Dr Laksiri Fernando writing in the Sri Lankan paper Sunday Island questioned What happened 30 years ago in the Soviet Union? Will it happen in China?

The Chinese Communist Party (CCP) has written thousands of internal papers, held study sessions and even produced a documentary about the downfall of its former rival and ideological cousin, wrote Rebecca Armitage in ABC News.

The Chinese Communist Party, already one of the longest-ruling political parties (72 years) in the world, is determined to avoid the scrap heap of history.

 

"Why did the Soviet Union disintegrate?" Chinese leader Xi Jinping asked party officials in a leaked speech in 2012.

The CCP has made a bid to outlive the Communist Party of the Soviet Union. China has learnt three lessons from the Soviet Union collapse - Embrace capitalism with Chinese characteristics; Avoid Glasnost and Watch the periphery.

By embracing capitalism, China has undoubtedly been able to develop the economy and lift millions of people out of poverty. However, it appears that the younger generations are different, reported Sunday Island.

Because of these economic developments, income gaps have widened and a rich business class, with connections to the communist party, has emerged.

Corruption, perhaps surpassing that of the Soviet Union before its collapse, is also a major ailment in China. China is also allowing big companies, including state companies, to exploit and cheat small and poor countries in Asia and Africa. Sri Lanka probably is one victim. These must be the Chinese characteristics of capitalism! said Fernando.

Many Chinese leaders consider Glasnost as the main reason for the Soviet collapse. After decades of censorship and secrecy, Gorbachev said the time had come for increased government transparency and freedom of expression, said Armitage.

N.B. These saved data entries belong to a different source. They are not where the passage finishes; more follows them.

-- ===== src/Text/Search.antt =====
-- `strings.Cut` at a byte, `strings.Contains`, and `strings.ToLower` as far as a comparison with
-- an ASCII word sees it.
use mcp_opa.Base.{
  ℕ, zero, suc, ◌+◌, ◌≡◌, Bool, true, false, ◌&&◌, ◌||◌, [], ◌∷◌, ◌++◌, arith, leb, Option, none,
  some, ◌==◌, Bytes, is_empty, if◌then◌else◌, All, ◌≢◌, Bool-cases, Option-cases, inl, inr,
}

-- The text before the first separator and the text behind it; none if there is no separator.
unfoldable pub cut : ℕ → Bytes → Option (Bytes × Bytes)
cut sep [] = none
cut sep (x ∷ s) =
    if x == sep
    then some ([], s)
    else elim (cut sep s) [ none ↦ none | some (b, a) ↦ some (x ∷ b, a) ]

unfoldable pub is_prefix : Bytes → Bytes → Bool
is_prefix [] s = true
is_prefix (x ∷ p) [] = false
is_prefix (x ∷ p) (y ∷ s) = x == y && is_prefix p s

unfoldable pub contains : Bytes → Bytes → Bool
unfolding is_prefix
contains sub [] = is_empty sub
contains sub (x ∷ s) = is_prefix sub (x ∷ s) || contains sub s

-- The two letters beyond ASCII whose lower case is an ASCII letter: U+0130, which is 0xC4 0xB0,
-- to `i`, and U+212A, which is 0xE2 0x84 0xAA, to `k`. With the byte comes how many further bytes the
-- letter has. Any other letter beyond ASCII has a lower case beyond ASCII; its bytes are kept,
-- and like those of its lower case they occur in no ASCII word.
lower_letter : ℕ → Bytes → ℕ × ℕ
lower_letter a (b ∷ c ∷ s) =
    if a == 0xC4 && b == 0xB0
    then (b'i', 1)
    else if a == 0xE2 && (b == 0x84 && c == 0xAA)
    then (b'k', 2)
    else (a, 0)
lower_letter a (b ∷ []) = if a == 0xC4 && b == 0xB0 then (b'i', 1) else (a, 0)
lower_letter a [] = (a, 0)

abbrev is_upper : ℕ → Bool
is_upper c = leb b'A' c && leb c b'Z'

lower_from : ℕ → Bytes → Bytes
unfolding lower_letter
lower_from skip [] = []
lower_from (suc skip) (x ∷ s) = lower_from skip s
lower_from zero (x ∷ s) =
    let plain = lower_from zero s in
    let letter = lower_letter x s in
    let later = lower_from letter.1 s in if is_upper x then (x + 32) ∷ plain else letter.0 ∷ later

unfoldable pub to_lower : Bytes → Bytes
unfolding lower_from
to_lower s = lower_from 0 s

-- The separator stands between the two parts, and not in the first.
pub cut_sound :
    (sep : ℕ) (s : Bytes) {b a : Bytes}
    → cut sep s ≡ some (b, a)
    → (s ≡ b ++ sep ∷ a) × All (λ x. x ≢ sep) b
unfolding cut
cut_sound sep [] h = cc
cut_sound sep (x ∷ s) {b} {a} h = elim (Bool-cases (x == sep)) [
  | inl here ↦ ground (arith, h)
  | inr later ↦ elim (Option-cases (cut sep s)) [
    | inl missing ↦ ground (arith, h, missing)
    | inr (parts, found) ↦ ground (arith, h, found, cut_sound sep s found)
  ]
]

pub cut_complete :
    (sep : ℕ) (b a : Bytes) → All (λ x. x ≢ sep) b → cut sep (b ++ sep ∷ a) ≡ some (b, a)
unfolding cut
cut_complete sep [] a h = ground arith
cut_complete sep (x ∷ b) a (ne, h) = ground (arith, ne, cut_complete sep b a h)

People who were in power, particularly in the name of 'one party, one class,' conveniently went for secrecy and censorship.

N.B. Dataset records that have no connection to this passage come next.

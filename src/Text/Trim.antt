-- ===== src/Text/Trim.antt =====
-- `strings.TrimSpace`: the white-space characters of Unicode, as they are encoded in UTF-8, are
-- taken off both ends.
use mcp_opa.Base.{
  ℕ, zero, suc, ◌≤◌, ◌≡◌, refl, Bool, ◌&&◌, ◌||◌, [], ◌∷◌, reverse, arith, leb, ◌==◌, Bytes, length,
  length-append, if◌then◌else◌,
}
use mathlib.Core.List.{reverse-cons}

-- \t \n \v \f \r and the blank.
abbrev is_space : ℕ → Bool
is_space c = (leb b'\t' c && leb c b'\r') || c == b' '

-- U+0085 and U+00A0.
abbrev is_space_of_two : ℕ → ℕ → Bool
is_space_of_two a b = a == 0xC2 && (b == 0x85 || b == 0xA0)

-- U+1680, U+2000 to U+200A, U+2028, U+2029, U+202F, U+205F and U+3000.
abbrev is_space_of_three : ℕ → ℕ → ℕ → Bool
is_space_of_three a b c =
    (a == 0xE1 && (b == 0x9A && c == 0x80))
    || (a == 0xE2
        && (b == 0x80 && ((leb 0x80 c && leb c 0x8A) || (c == 0xA8 || (c == 0xA9 || c == 0xAF)))))
    || (a == 0xE2 && (b == 0x81 && c == 0x9F))
    || (a == 0xE3 && (b == 0x80 && c == 0x80))

-- How many bytes after the first belong to the white-space character that begins there; none if
-- there is no such character.
pub data Width : Type 0 where
  no_space : Width
  space : ℕ → Width

three_front : ℕ → Bytes → Width
three_front a (b ∷ c ∷ s) = if is_space_of_three a b c then space 2 else no_space
three_front a _ = no_space

two_front : ℕ → Bytes → Width
two_front a (b ∷ s) = if is_space_of_two a b then space 1 else three_front a (b ∷ s)
two_front a [] = no_space

-- At the front of a text.
front_width : ℕ → Bytes → Width
unfolding two_front three_front
front_width a s = if is_space a then space 0 else two_front a s

three_back : ℕ → Bytes → Width
three_back c (b ∷ a ∷ s) = if is_space_of_three a b c then space 2 else no_space
three_back c _ = no_space

two_back : ℕ → Bytes → Width
two_back b (a ∷ s) = if is_space_of_two a b then space 1 else three_back b (a ∷ s)
two_back b [] = no_space

-- At the front of a reversed text.
back_width : ℕ → Bytes → Width
unfolding two_back three_back
back_width a s = if is_space a then space 0 else two_back a s

-- Skips the bytes counted, then one character after another.
strip : (ℕ → Bytes → Width) → ℕ → Bytes → Bytes
strip width skip [] = []
strip width (suc skip) (x ∷ s) = strip width skip s
strip width zero (x ∷ s) = elim (width x s) [ no_space ↦ x ∷ s | space k ↦ strip width k s ]

unfoldable pub trim_space : Bytes → Bytes
unfolding strip front_width back_width
trim_space s = reverse (strip back_width 0 (reverse (strip front_width 0 s)))

length-strip :
    (width : ℕ → Bytes → Width) (skip : ℕ) (s : Bytes) → length (strip width skip s) ≤ length s
unfolding strip
length-strip width skip [] = omega arith
length-strip width (suc skip) (x ∷ s) = omega (arith, length-strip width skip s)
length-strip width zero (x ∷ s) = by_width (width x s) (λ k. length-strip width k s)
  where
    by_width :
        (w : Width)
        → ((k : ℕ) → length (strip width k s) ≤ length s)
        → length (elim w [ no_space ↦ x ∷ s | space k ↦ strip width k s ]) ≤ suc (length s)
    by_width no_space ih = omega arith
    by_width (space k) ih = omega (arith, ih k)

length-reverse : (s : Bytes) → length (reverse s) ≡ length s
length-reverse [] = refl
length-reverse (x ∷ s) =
    rw reverse-cons (omega (arith, length-append (reverse s) (x ∷ []), length-reverse s))

pub length-trim_space : (s : Bytes) → length (trim_space s) ≤ length s
unfolding trim_space
length-trim_space s = omega (
  arith,
  length-strip front_width 0 s,
  length-reverse (strip front_width 0 s),
  length-strip back_width 0 (reverse (strip front_width 0 s)),
  length-reverse (strip back_width 0 (reverse (strip front_width 0 s))),
)
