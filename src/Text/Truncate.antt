-- ===== src/Text/Truncate.antt =====
-- `s[:limit] + "… (truncated)"`, where a text is over the limit.
use mcp_opa.Base.{
  ℕ, ◌+◌, ◌≤◌, ◌≡◌, refl, ◌∷◌, ◌++◌, arith, min, ltb, Bytes, codes, length, take, length-append,
  length-take, if◌then◌else◌,
}

-- The ellipsis is three bytes of UTF-8.
unfoldable pub mark : Bytes
mark = 0xE2 ∷ 0x80 ∷ 0xA6 ∷ codes " (truncated)"

unfoldable pub truncate : ℕ → Bytes → Bytes
unfolding mark
truncate limit s = if ltb limit (length s) then take limit s ++ mark else s

length-mark : length mark ≡ 15
unfolding mark
length-mark = refl

pub length-truncate : (limit : ℕ) (s : Bytes) → length (truncate limit s) ≤ limit + 15
unfolding truncate
length-truncate limit s =
    ground (arith, length-append (take limit s) mark, length-take limit s, length-mark)

-- No byte below the limit is lost.
pub length-truncate_ge : (limit : ℕ) (s : Bytes) → min limit (length s) ≤ length (truncate limit s)
unfolding truncate
length-truncate_ge limit s = ground (arith, length-append (take limit s) mark, length-take limit s)

-- A text within the limit is left as it is.
pub truncate_short : (limit : ℕ) (s : Bytes) → length s ≤ limit → truncate limit s ≡ s
unfolding truncate
truncate_short limit s h = ground arith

China should learn that lesson, not the opposite. It is that opposite that China is now implementing in Hong Kong where there were freedoms and democracy before. This effort can easily boomerang on China, said Fernando.

Chinese leaders today strictly control the circulation of information in China. State laws and technology are used for this purpose with a 'Great Firewall.' The COVID-19 pandemic is also used for this purpose.

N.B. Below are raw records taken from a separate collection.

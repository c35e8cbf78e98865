-- ===== src/Pdp/Client.antt =====
-- authzen.go: `pdpClient`, `postJSON`, `getJSON`, `do`, `setAuth`, `hasAuthScheme`, `statusHint`,
-- `snippet` and `newRequestID`. The HTTP client is the `Exchange`; the context's deadline and the
-- client's timeout are among the failures of the transport.
use mcp_opa.Base.{
  ℕ, ◌+◌, ◌-◌, ◌/◌, ◌%◌, Bool, false, ◌||◌, List, [], ◌∷◌, ◌++◌, Option, none, some, Bytes, codes,
  equal, is_empty, if◌then◌else◌, Result, ok, err, String, str_eq, length, take, ltb, ◌==◌, any,
}
use mcp_opa.Text.Search.{cut, to_lower}
use mcp_opa.Text.Trim.{trim_space}
use mcp_opa.Text.Truncate.{truncate}
use mcp_opa.Json.{Decode, Encode}
use mcp_opa.Config.Load.{Config}
use mcp_opa.Pdp.Url.{UrlPackage, UrlError}
use mcp_opa.Pdp.Wire.{Members}
use mcp_opa.Pdp.Exchange.{
  HttpRequest, Body, HttpReply, no_reply, response, Exchange, done, failed, send, ◌>>=◌,
}

-- `errPDP`: the failures to obtain a decision.
pub data PdpError : Type 0 where
  bad_endpoint : UrlError → PdpError
  encode_failed : Bytes → PdpError
  build_failed : Bytes → PdpError
  request_failed : Bytes → Bytes → PdpError
  redirected : Bytes → Bytes → PdpError
  read_failed : Bytes → PdpError
  bad_status : ℕ → Bytes → String → PdpError
  bad_response : Bytes → Bytes → PdpError

-- `req.Header.Set`
unfoldable pub set_header : String → Bytes → List (String × Bytes) → List (String × Bytes)
set_header name v [] = (name, v) ∷ []
set_header name v ((n, w) ∷ hs) =
    if str_eq n name then (name, v) ∷ hs else (n, w) ∷ set_header name v hs

abbrev pub auth_schemes : List Bytes
auth_schemes = codes "bearer" ∷ codes "basic" ∷ codes "dpop" ∷ []

unfoldable pub has_auth_scheme : Bytes → Bool
has_auth_scheme token = elim (cut b' ' token) [
  | none ↦ false
  | some (scheme, rest) ↦ any (equal (to_lower scheme)) auth_schemes
]

unfoldable pub set_auth : Bytes → List (String × Bytes) → List (String × Bytes)
set_auth configured headers =
    let token = trim_space configured in
    if is_empty token
    then headers
    else set_header "Authorization"
        (if has_auth_scheme token then token else codes "Bearer " ++ token) headers

abbrev pub hint_401 : String
hint_401 =
    "\n\nnote: 401 means this MCP server failed to authenticate to the PDP, not that the subject was denied. Check AUTHZEN_PDP_TOKEN."

abbrev pub hint_403 : String
hint_403 =
    "\n\nnote: 403 means this MCP server is not permitted to query the PDP, not that the subject was denied. Check AUTHZEN_PDP_TOKEN."

abbrev pub hint_404 : String
hint_404 =
    "\n\nnote: 404 usually means the URL is a PDP root rather than an endpoint. The AuthZEN default paths are /access/v1/evaluation and /access/v1/evaluations; authzen_discover resolves them from a PDP root."

unfoldable pub status_hint : ℕ → String
status_hint code =
    if code == 401
    then hint_401
    else if code == 403
    then hint_403
    else if code == 404
    then hint_404
    else ""

unfoldable pub snippet : Bytes → Bytes
snippet b = let s = trim_space b in if is_empty s then codes "(empty body)" else truncate 512 s

unfoldable pub hex_digit : ℕ → ℕ
hex_digit n = if ltb n 10 then b'0' + n else b'a' + (n - 10)

-- `hex.EncodeToString`
unfoldable pub hex_encode : Bytes → Bytes
unfolding hex_digit
hex_encode [] = []
hex_encode (b ∷ bs) = hex_digit (b / 16) ∷ hex_digit (b % 16) ∷ hex_encode bs

-- The argument is what `rand.Read` put into the 16 bytes, or none where it failed.
unfoldable pub new_request_id : Option Bytes → Bytes
new_request_id none = codes "mcp-opa-authz"
new_request_id (some b) = hex_encode b

-- The statuses that `http.Client` takes for a redirect, if the reply names a location.
abbrev pub is_redirect : ℕ → Bool
is_redirect code = code == 301 || code == 302 || code == 303 || code == 307 || code == 308

-- `io.ReadAll(io.LimitReader(body, limit))`: the limit hides what stands behind it, an error too.
unfoldable pub read_limited : ℕ → Body → Result Bytes Bytes
read_limited limit body = elim body.fault [
  | none ↦ ok (take limit body.content)
  | some e ↦ if ltb (length body.content) limit then err e else ok (take limit body.content)
]

-- What `do` makes of a reply that is no redirect.
unfoldable pub read_response : ℕ → ℕ → Body → Exchange PdpError Bytes
read_response max_bytes code body = elim (read_limited max_bytes body) [
  | err e ↦ failed (read_failed e)
  | ok raw ↦
      if code == 200 then done raw else failed (bad_status code (snippet raw) (status_hint code))
]

-- `CheckRedirect` refuses every redirect, so `http.Client.Do` fails with its error.
unfoldable pub receive : ℕ → Bytes → HttpReply → Exchange PdpError Bytes
receive max_bytes url (no_reply e) = failed (request_failed url e)
receive max_bytes url (response code none body) = read_response max_bytes code body
receive max_bytes url (response code (some location) body) =
    if is_redirect code then failed (redirected url location) else read_response max_bytes code body

unfoldable pub do_request : ℕ → HttpRequest → Exchange PdpError Bytes
do_request max_bytes req = send req (receive max_bytes req.url)

abbrev pub post_headers : Bytes → Bytes → List (String × Bytes)
post_headers token request_id = set_auth token (
    set_header "X-Request-ID" request_id (
      set_header "Accept" (codes "application/json")
        (set_header "Content-Type" (codes "application/json") [])))

abbrev pub get_headers : Bytes → Bytes → List (String × Bytes)
get_headers token request_id =
    set_auth token
      (set_header "X-Request-ID" request_id (set_header "Accept" (codes "application/json") []))

-- `http.NewRequestWithContext` fails where the URL cannot be parsed.
abbrev pub build_request : UrlPackage → HttpRequest → Exchange PdpError HttpRequest
build_request urls req = elim (urls.parse req.url) [
  | ok u ↦ done req
  | err e ↦ failed (build_failed e)
]

abbrev pub decode_response {ℓ} :
    {A : Type 0} {B : Type ℓ} → Decode A → Bytes → (A → B) → Exchange PdpError B
decode_response decode raw k = elim (decode raw) [
  | ok v ↦ done (k v)
  | err e ↦ failed (bad_response e (snippet raw))
]

abbrev pub post_request : Config → Bytes → Bytes → Bytes → HttpRequest
post_request cfg request_id endpoint encoded = record {
  method = "POST";
  url = endpoint;
  headers = post_headers cfg.pdp_token request_id;
  body = encoded;
}

abbrev pub get_request : Config → Bytes → Bytes → HttpRequest
get_request cfg request_id endpoint = record {
  method = "GET";
  url = endpoint;
  headers = get_headers cfg.pdp_token request_id;
  body = [];
}

-- A successful call gives the request id and the decoded response.
unfoldable pub post_json :
    {A : Type 0}
    → UrlPackage
    → Encode Members
    → Decode A
    → Config
    → Option Bytes
    → Bytes
    → Members
    → Exchange PdpError (Bytes × A)
post_json urls encode decode cfg entropy endpoint body = elim (encode body) [
  | err e ↦ failed (encode_failed e)
  | ok encoded ↦ do
    let request_id = new_request_id entropy
    req ← build_request urls (post_request cfg request_id endpoint encoded)
    raw ← do_request cfg.pdp_max_bytes req
    decode_response decode raw (λ v. (request_id, v))
]

unfoldable pub get_json :
    {A : Type 0} → UrlPackage → Decode A → Config → Option Bytes → Bytes → Exchange PdpError A
get_json urls decode cfg entropy endpoint = do
  req ← build_request urls (get_request cfg (new_request_id entropy) endpoint)
  raw ← do_request cfg.pdp_max_bytes req
  decode_response decode raw (λ v. v)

The third consideration is the periphery. At its peak, the Soviet Union was the world's largest country, making up nearly one-seventh of the Earth's land surface. However, within the behemoth nation were 15 dramatically different republics, dozens of ethnicities, languages and cultures, reported ABC News.

China is very sensitive about the situation. In the case of China, the centralised thinking is far beyond the Soviet Union, given the country's Asiatic despotic history.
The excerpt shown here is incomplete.